*** Data supplied ***

-- ===== src/Schema/Validation.antt =====
-- src/schema/validation.rs
pub mod Constraints
pub mod Effective
use dirbase.Prelude.{List, String, Option, none, some, [], ◌∷◌, if◌then◌else◌}
use dirbase.BTreeMap
use dirbase.BTreeMap.{BTreeMap}
use dirbase.Error.{Result, ok, err, ◌>>◌, ◌>>=◌, ok_or}
use dirbase.Runtime.{Runtime}
use dirbase.Text.{format, join}
use Prim.Native.String.{compare as compare_text}
use dirbase.Schema.Types.{
  ForeignKey, ColumnSchema, TableSchema, Schema, DeclaredTableSchema, DeclaredSchema,
  is_compatible_with,
}
use dirbase.Schema.Relations.{contains_name}
use dirbase.Schema.Validation.Constraints.{validate_column_constraints}
use dirbase.Query.Sort.{insertion_sort}

-- The errors.
abbrev missing_key : String → String → String
missing_key table_name primary_key = format (
    "table '" ∷ table_name ∷ "' declares primary key '" ∷ primary_key
    ∷ "' but no such column exists" ∷ [])

abbrev missing_source : String → String → String
missing_source table_name source_column = format (
    "table '" ∷ table_name ∷ "' declares foreign key '" ∷ source_column
    ∷ "' but no such column exists" ∷ [])

abbrev unknown_table : String → String → ForeignKey → String
unknown_table table_name source_column foreign_key = format (
    "table '" ∷ table_name ∷ "' foreign key '" ∷ source_column ∷ "' targets unknown table '"
    ∷ foreign_key.target_table ∷ "'" ∷ [])

abbrev about_target : String → String → String → ForeignKey → String
about_target problem table_name source_column foreign_key = format (
    "table '" ∷ table_name ∷ "' foreign key '" ∷ source_column ∷ problem ∷ foreign_key.target_table
    ∷ "." ∷ foreign_key.target_column ∷ "'" ∷ [])

module _ ⦃rt : Runtime⦄ where
  unfoldable pub validate_primary_key :
      String → TableSchema → Option String → Result (Unit {0}) String
  validate_primary_key table_name table none = ok tt
  validate_primary_key table_name table (some primary_key) =
      if BTreeMap.contains_key table.columns primary_key
      then ok tt
      else err (missing_key table_name primary_key)

  unfoldable pub validate_foreign_key :
      BTreeMap TableSchema → String → TableSchema → String → ForeignKey → Result (Unit {0}) String
  validate_foreign_key tables table_name table source_column foreign_key = do
    source_column_schema ←
        ok_or (BTreeMap.get table.columns source_column) (missing_source table_name source_column)
    target_table ←
        ok_or (BTreeMap.get tables foreign_key.target_table)
          (unknown_table table_name source_column foreign_key)
    target_column_schema ←
        ok_or (BTreeMap.get target_table.columns foreign_key.target_column)
          (about_target "' targets unknown column '" table_name source_column foreign_key)
    (if is_compatible_with source_column_schema.column_type target_column_schema.column_type
        then ok tt
        else err (about_target "' is incompatible with '" table_name source_column foreign_key))

  -- The loop over the foreign keys of a table.
  unfoldable pub validate_foreign_keys :
      BTreeMap TableSchema → String → TableSchema → BTreeMap ForeignKey → Result (Unit {0}) String
  validate_foreign_keys tables table_name table [] = ok tt
  validate_foreign_keys tables table_name table ((source_column, foreign_key) ∷ foreign_keys) = do
    validate_foreign_key tables table_name table source_column foreign_key
    validate_foreign_keys tables table_name table foreign_keys

  validate_columns : String → BTreeMap ColumnSchema → Result (Unit {0}) String
  validate_columns table_name [] = ok tt
  validate_columns table_name ((column_name, column) ∷ columns) = do
    validate_column_constraints table_name column_name column
    validate_columns table_name columns

  -- One round of the loop over the tables.
  validate_table : BTreeMap TableSchema → String → TableSchema → Result (Unit {0}) String
  unfolding validate_columns
  validate_table tables table_name table = do
    validate_primary_key table_name table table.primary_key
    validate_foreign_keys tables table_name table table.foreign_keys
    validate_columns table_name table.columns

  validate_tables : BTreeMap TableSchema → BTreeMap TableSchema → Result (Unit {0}) String
  unfolding validate_table
  validate_tables tables [] = ok tt
  validate_tables tables ((table_name, table) ∷ rest) = do
    validate_table tables table_name table
    validate_tables tables rest

  unfoldable pub validate_effective_schema : Schema → Result (Unit {0}) String
  unfolding validate_tables
  validate_effective_schema schema = validate_tables schema.tables schema.tables

  -- The loop over the columns of a unique constraint.
  unique_columns : String → TableSchema → List String → List String → Result (Unit {0}) String
  unique_columns table_name effective_table seen [] = ok tt
  unique_columns table_name effective_table seen (column_name ∷ columns) =
      let later = unique_columns table_name effective_table (column_name ∷ seen) columns in
      if contains_name seen column_name
      then err (
          format (
            "table '" ∷ table_name ∷ "' unique constraint contains duplicate column '" ∷ column_name
            ∷ "'" ∷ []))
      else if BTreeMap.contains_key effective_table.columns column_name
      then later
      else err (
          format (
            "table '" ∷ table_name ∷ "' unique constraint references unknown column '" ∷ column_name
            ∷ "'" ∷ []))

  abbrev normalized : List String → String
  normalized unique = join "\u{1f}" (insertion_sort compare_text unique)

  refuse_empty : String → List String → Result (Unit {0}) String
  refuse_empty table_name [] =
      err (format ("table '" ∷ table_name ∷ "' declares an empty unique constraint" ∷ []))
  refuse_empty table_name (column_name ∷ columns) = ok tt

  refuse_seen : String → List String → String → Result (Unit {0}) String
  refuse_seen table_name seen key =
      if contains_name seen key
      then err (format ("table '" ∷ table_name ∷ "' declares duplicate unique constraints" ∷ []))
      else ok tt

  -- The loop over the unique constraints of a table.
  unique_constraints :
      String → TableSchema → List String → List (List String) → Result (Unit {0}) String
  unfolding unique_columns refuse_empty refuse_seen
  unique_constraints table_name effective_table seen [] = ok tt
  unique_constraints table_name effective_table seen (unique ∷ constraints) = do
    refuse_empty table_name unique
    unique_columns table_name effective_table [] unique
    refuse_seen table_name seen (normalized unique)
    unique_constraints table_name effective_table (normalized unique ∷ seen) constraints

  declared_table : String → DeclaredTableSchema → Option TableSchema → Result (Unit {0}) String
  unfolding unique_constraints
  declared_table table_name table none = ok tt
  declared_table table_name table (some effective_table) =
      unique_constraints table_name effective_table [] table.unique

  declared_tables : Schema → BTreeMap DeclaredTableSchema → Result (Unit {0}) String
  unfolding declared_table
  declared_tables effective [] = ok tt
  declared_tables effective ((table_name, table) ∷ tables) = do
    declared_table table_name table (BTreeMap.get effective.tables table_name)
    declared_tables effective tables

  unfoldable pub validate_declared_schema :
      Option DeclaredSchema → Schema → Result (Unit {0}) String
  unfolding declared_tables
  validate_declared_schema none effective = ok tt
  validate_declared_schema (some declared) effective = declared_tables effective declared.tables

*** End of Data supplied ***

Directions -
Write down exactly the span of lines above from the one containing "refuse_empty table_name unique" to the one containing "unfolding unique_constraints", both ends included.

Response to the task -
    refuse_empty table_name unique
    unique_columns table_name effective_table [] unique
    refuse_seen table_name seen (normalized unique)
    unique_constraints table_name effective_table (normalized unique ∷ seen) constraints

  declared_table : String → DeclaredTableSchema → Option TableSchema → Result (Unit {0}) String
  unfolding unique_constraints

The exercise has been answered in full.